Online violence: the new frontline

Online violence has become the new frontline in journalism safety – and women journalists sit at the epicentre of risk, according to a recent report by UNESCO that shows 73% of survey respondents identifying as women said they had experienced online violence.

Networked misogyny and gaslighting threaten women journalists severely and disproportionately. Threats of sexual violence and murder are frequent and sometimes extended to their families.

Threats of physical violence (identified by 25% of survey respondents) including death threats, and sexual violence (identified by 18%) plagued the women journalists. And these threats radiated: 13% of survey respondents and many interviewees said they had received threats of violence against those close to them, including children and infants.

This phenomenon is also bound up with the rise of viral disinformation, digital conspiracy networks and political polarisation.

The psychological, physical, professional, and digital safety and security impacts associated with this escalating freedom of expression and gender equality crisis are overlapping, converging and frequently inseparable. They are also increasingly spilling offline, sometimes with devastating consequences.

The study shows that online violence against women journalists is a global problem. The interviewees represent 17 States and span every UNESCO region. They are racially, ethnically and linguistically diverse.

The research underpinning this paper consists of: a global survey of 901 journalists from 125 countries. Long-form interviews  were held with 173 international journalists, editors, and experts in the fields of freedom of expression, human rights law and digital safety.  Two big data case studies assessed over 2.5 million posts on Facebook and Twitter directed at two prominent women journalists – Maria Ressa in the Philippines, and Carole Cadwalladr in the UK.

Increase in online attacks

Online violence against women journalists is designed to: belittle, humiliate, and shame; induce fear, silence and retreat; discredit them professionally, undermining accountability journalism and trust in facts; and chill their active participation (along with that of their sources, colleagues and audiences) in public debate.

“This amounts to an attack on democratic deliberation and media freedom, encompassing the public’s right to access information, and it cannot afford to be normalised or tolerated as an inevitable aspect of online discourse, nor contemporary audience-engaged journalism.,” the report states.

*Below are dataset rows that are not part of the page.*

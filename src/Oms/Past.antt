-- ===== src/Oms/Past.antt =====
-- The states of services/oms/state_machine.py that an order does not come back from, once its
-- submission is reserved.
use icici_breeze_api_trading.Prelude.{
  ◌≡◌, refl, sym, ◌≤◌, inl, inr, Option, none, some, List, find, arith, ==_iff, Bool-cases, ◌==◌,
}
use icici_breeze_api_trading.Prelude.Result.{Result, ok, err, transact}
use icici_breeze_api_trading.Contracts.{order_state, Text, BrokerOrder, OrderState}
use icici_breeze_api_trading.Oms.Repository.{
  Db, Stamp, Reason, has_order_id, save_broker_order_with_transition,
}
use icici_breeze_api_trading.Oms.Service.{Oms}
use icici_breeze_api_trading.Oms.Graph.{rank, can_transition_forward}
use icici_breeze_api_trading.Oms.Journal.{IsStep, state_of, find-upsert, save_lem}
use icici_breeze_api_trading.Oms.Stable.{IsStable, intent_saved}

-- The states from the reservation on.
abbrev pub IsPast : Option OrderState → Type 0
IsPast none = ⊥
IsPast (some a) = 3 ≤ rank a

step-IsPast :
    (a : Option OrderState) (b : OrderState) (r : Reason) → IsPast a → IsStep a b r → 3 ≤ rank b
step-IsPast none b r h p = elim h [ ]
step-IsPast (some a) b r h (inl e) = elim (can_transition_forward a b e) [
  | inl up ↦ omega arith
  | inr (p, q) ↦ ground arith
]
step-IsPast (some a) b r h (inr e) = rw (sym e.0) h

module _ {F : Type 0} where
  abbrev pub state_in : Text → Oms F → Option OrderState
  state_in k s = state_of (find (has_order_id k) s.repo.broker_orders)

  abbrev pub Past : Text → Oms F → Type 0
  Past k s = IsPast (state_in k s)

  known :
      (a b : Text) (os : List (BrokerOrder F)) {x : Option OrderState}
      → a ≡ b
      → state_of (find (has_order_id a) os) ≡ x
      → IsPast (state_of (find (has_order_id b) os))
      → IsPast x
  known a b os e f h = rw (← f, e) h

  -- What a saved transition does to the state of each order.
  transact_case :
      (k : Text) (order : BrokerOrder F) (from_state : Option OrderState) (to_state : OrderState)
      (reason : Reason) (stamp : Stamp) (db : Db F) (r : Result (Db F))
      → save_broker_order_with_transition order from_state to_state reason
          (some order_state)
          stamp
          db
        ≡ r
      → state_of (find (has_order_id order.order_id) db.broker_orders) ≡ from_state
      → IsStep from_state to_state reason
      → IsPast (state_of (find (has_order_id k) db.broker_orders))
      → IsPast (state_of (find (has_order_id k) (transact db r).1.broker_orders))
  transact_case k order from_state to_state reason stamp db (ok db') e f p h =
      rw (save_lem order from_state to_state reason stamp db db' e).0 (
        rw
          (find-upsert (record order { status = to_state; updated_at = stamp.now }) db.broker_orders
            k)
          (elim (Bool-cases (order.order_id == k)) [
            | inl c ↦ rw c (
                step-IsPast from_state to_state reason
                  (known order.order_id k db.broker_orders ((==_iff order.order_id k).0 c) f h) p)
            | inr c ↦ rw c h
          ]))
  transact_case k order from_state to_state reason stamp db (err x) e f p h = h

  pub Past-IsStable : (k : Text) → IsStable (Past k)
  Past-IsStable k = record {
    saves = λ order from_state to_state reason stamp s _ h f p.
        transact_case k order from_state to_state reason stamp s.repo _ refl f p h;
    intents = λ i id s h. rw (intent_saved i id s.repo _ refl).0 h;
    posts = λ m s h. h;
  }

Online attacks on women journalists appear to be increasing significantly, as this study demonstrates, particularly in the context of the ‘shadow pandemic’ of violence against women during COVID-19. The pandemic has changed journalists’ working conditions, making them yet more dependent on digital communications services and social media channels.

Disinformation tactics are routinely deployed in targeted multiplatform online attacks against women journalists, the report notes. Over 40% of survey respondents said they had been targeted in online attacks that appeared to be linked to orchestrated disinformation campaigns.

Another major issue in evidence is the role of political actors – including presidents and elected representatives, party officials and members – in instigating and fuelling online violence campaigns against women journalists.

Additionally, partisan, mainstream and fringe news media can be shown to amplify such attacks, triggering ‘pile-ons’ that escalate the risks of online violence morphing into offline assault or causing significant psychological injury. One-fifth (20%) of survey respondents said they had been attacked or abused offline in connection with online violence they had experienced.

Physical threats associated with online violence caused 13% of women survey respondents to increase their physical security; 4% said that they had missed work due to particular concerns about the attacks moving offline and resulting in physical violence.

The mental health impacts were also the most frequently identified (26%) consequence of online attacks among survey respondents.

Interviewees and case study subjects identified high-level political leaders and other State actors as some of the biggest instigators of online violence. Political actors were also the second most frequently noted sources (37%) of attacks and abuse after ‘anonymous or unknown attackers’ (57%), according to respondents.

Partisan news outlets, media operating at the fringes of the political spectrum, and misogynistic journalists are instrumentalised to amplify and fuel attacks.

Facebook was the most frequently used (77%) platform, network or app for journalistic work (closely followed by Twitter on 74%), but it attracted disproportionately higher rates of incident-reporting to the platforms among the respondents (39% compared to Twitter’s 26%).

Facebook was also rated the most dangerous of the top five platforms/apps used, with nearly double the number of respondents rating Facebook “very unsafe” compared to Twitter.

The need for action

States are obliged to protect journalists, so that they can do their work freely and safely in accordance with international obligations, legislating accordingly and ensuring law enforcement agencies respond appropriately.

Online violence against journalists is a significant feature of what is referred to as ‘platform capture’, which involves the weaponisation of social media by bad-faith actors, in combination with the structural failures of the platforms’ business models and product design, and the virtual entrapment of many news organisations and journalists into platform dependency.

Social media companies have so far failed to respond swiftly or effectively to the crisis.  Central to this failure is an attempt to use ‘free speech’ as a shield against accountability, and a continuing reluctance to assume responsibility for the content on their sites. Additionally, there is a lack of coordination between these companies in addressing orchestrated, cross-platform online violence campaigns targeting individual journalists.

This highlights the urgent need for policy reform, and novel legal, legislative and normative responses, in full compliance with international freedom of expression and privacy standards, from key stakeholders, UNESCO said.